Welcome to Pensacola! Congrats on awesome fish.


----------



## Longboarder850 (Jul 30, 2013)

Thanks everyone! Yes it is a tandem hobie. We both got into kayak fishing about a year ago. Thanks for all the tips ive found on this site. I want to try some of these offshore wrecks soon.


----------



## KOfishing (Jun 1, 2013)

Just moved home myself 2 months ago. My fiancee' is riding on back of Hobie PA12.
Anyhow,
Welcome home


----------



## Night Wing (May 16, 2011)

Wow. Gator trout, spanish mackerel and kingfish. You've got a very nice place to yak fish. 

Thanks for the fishing report and posting all of the pictures.


----------



## AhGotcha (Jun 28, 2012)

Looked like a fun outing, welcome back!


----------



## Dang Dang (Feb 27, 2013)

Very nice trout. He got a tandem so he could bring his good luck charm with him. Smart guy! Welcome back to God's country.


----------



## krhyde1066 (Jan 12, 2011)

That is definitely a trout to be proud of! Well done sir. I was my wife was interested in either kayaking or fishing, or especially both at the same time.

Karl Hyde


----------



## Lexcore (May 5, 2012)

Longboarder850 said:


> My wife and I just moved back home to Pensacola last week after 5 years in Jacksonville. FL. We have taken our Hobie out twice so far and both were great days.

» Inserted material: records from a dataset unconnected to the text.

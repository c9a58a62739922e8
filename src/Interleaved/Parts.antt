-- ===== src/Interleaved/Parts.antt =====
-- `pollJobsToSetPart` of lib/poller.js from `await` to `await`.
pub mod Kept
use mathlib.Core.List.{Memᴰ}
use wax_rng_oracle.Prelude.{
  ℕ, String, Bool, true, false, Option, none, some, List, [], ◌∷◌, if◌then◌else◌, hexadecimal, All,
}
use wax_rng_oracle.Model.{Job}
use wax_rng_oracle.Contract.{submitpart}
use wax_rng_oracle.RngPusher.{Thrown, Answer, refuse, submit_refusals}
use wax_rng_oracle.ShareKey.Signing.{SignResult}
use wax_rng_oracle.Poller.{
  State, Member, Outside, count, post, push, is_known_key_version, set_part_failed,
}
use wax_rng_oracle.Poller.SetPart.{
  Round, skipped, success, failure, breaks, throws, unsignable, message, signed, after_attempt,
  catch_part,
}

-- What the poll waits for, with the jobs that are left.
pub data PartPc : Type 0 where
  -- the jobs of its next round; what the last round threw
  resting : Option Thrown → PartPc
  -- `shareKeyService.sign` of the job's message
  signing : Job → List Job → PartPc
  -- the answer to `submitpart`
  sending : List Job → PartPc
  -- a post to Slack
  posting : List Job → PartPc

-- An error that is no `RpcError`: counted and posted.
abbrev pub part_lost : List Job → State → PartPc × State
part_lost jobs s = (posting jobs, post (count set_part_failed s))

-- The message is made before the wait for its signature.
abbrev pub begin_message : Job → List Job → Option String → State → PartPc × State
begin_message job jobs none s = part_lost jobs s
begin_message job jobs (some hash) s = (signing job jobs, s)

abbrev pub begin_part : Outside → Job → List Job → State → PartPc × State
begin_part o job jobs s =
    if unsignable job then part_lost jobs s else begin_message job jobs (message o job) s

-- The loop, to its next wait.
unfoldable pub next_part : Member → Outside → List Job → State → PartPc × State
next_part m o [] s = (resting none, s)
next_part m o (job ∷ jobs) s =
    let (known, s1) = is_known_key_version m job s in
    let rest = next_part m o jobs s1 in
    let begun = begin_part o job jobs s1 in if known then begun else rest

-- With the signature, or what `sign` threw.
abbrev pub send_part : Member → Job → List Job → Option SignResult → State → PartPc × State
send_part m job jobs none s = part_lost jobs s
send_part m job jobs (some r) s =
    (sending jobs, push (submitpart m.owner job.id job.ver (hexadecimal r.signature_share)) s)

-- The end of a round of the loop; one that failed waits for its post.
abbrev pub part_over : Member → Outside → List Job → Round → PartPc × State
part_over m o jobs (skipped s) = next_part m o jobs s
part_over m o jobs (success s) = next_part m o jobs s
part_over m o jobs (failure s) = (posting jobs, s)
part_over m o jobs (breaks s) = (resting none, s)
part_over m o jobs (throws e s) = (resting (some e), s)

-- How a wait ends: the jobs are loaded, all of them listed on the chain, or the load throws; the
-- signature is there; any answer comes.
pub data PartMove (m : Member) (o : Outside) (listed : List Job) (s : State)
    : PartPc → PartPc × State → Type 0 where
  loaded :
      {last : Option Thrown} (jobs : List Job)
      → All (λ job. Memᴰ job listed) jobs
      → PartMove m o listed s (resting last) (next_part m o jobs s)
  not_loaded :
      {last : Option Thrown} (e : Thrown)
      → PartMove m o listed s (resting last) (resting (some e), s)
  signs :
      {job : Job} {jobs : List Job}
      → PartMove m o listed s
          (signing job jobs)
          (send_part m job jobs (signed m o (message o job)) s)
  answers :
      {jobs : List Job} (a : Answer)
      → PartMove m o listed s
          (sending jobs)
          (part_over m o jobs (after_attempt (refuse submit_refusals a) s))
  is_posted : {jobs : List Job} → PartMove m o listed s (posting jobs) (next_part m o jobs s)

First day was around Sand Island where we landed one 26.5 inch trout and 2 slot reds. A couple days later we tried the Gulf side and landed one King and one Spanish within an hour. We are really enjoying our new home so far!


Nice is that two man kayak? how what is the name brand? Nice fish and welcome home back in P'cola. :thumbup:


----------



## jbs_bama (May 24, 2010)

That's a very nice trout. Welcome back!


----------



## Longboarder850 (Jul 30, 2013)

Lexcore said:


> Nice is that two man kayak? how what is the name brand? Nice fish and welcome home back in P'cola. :thumbup:


Yes it is, it's a tandem Hobie Outfitter. We've had it for a year and have really enjoyed it!


----------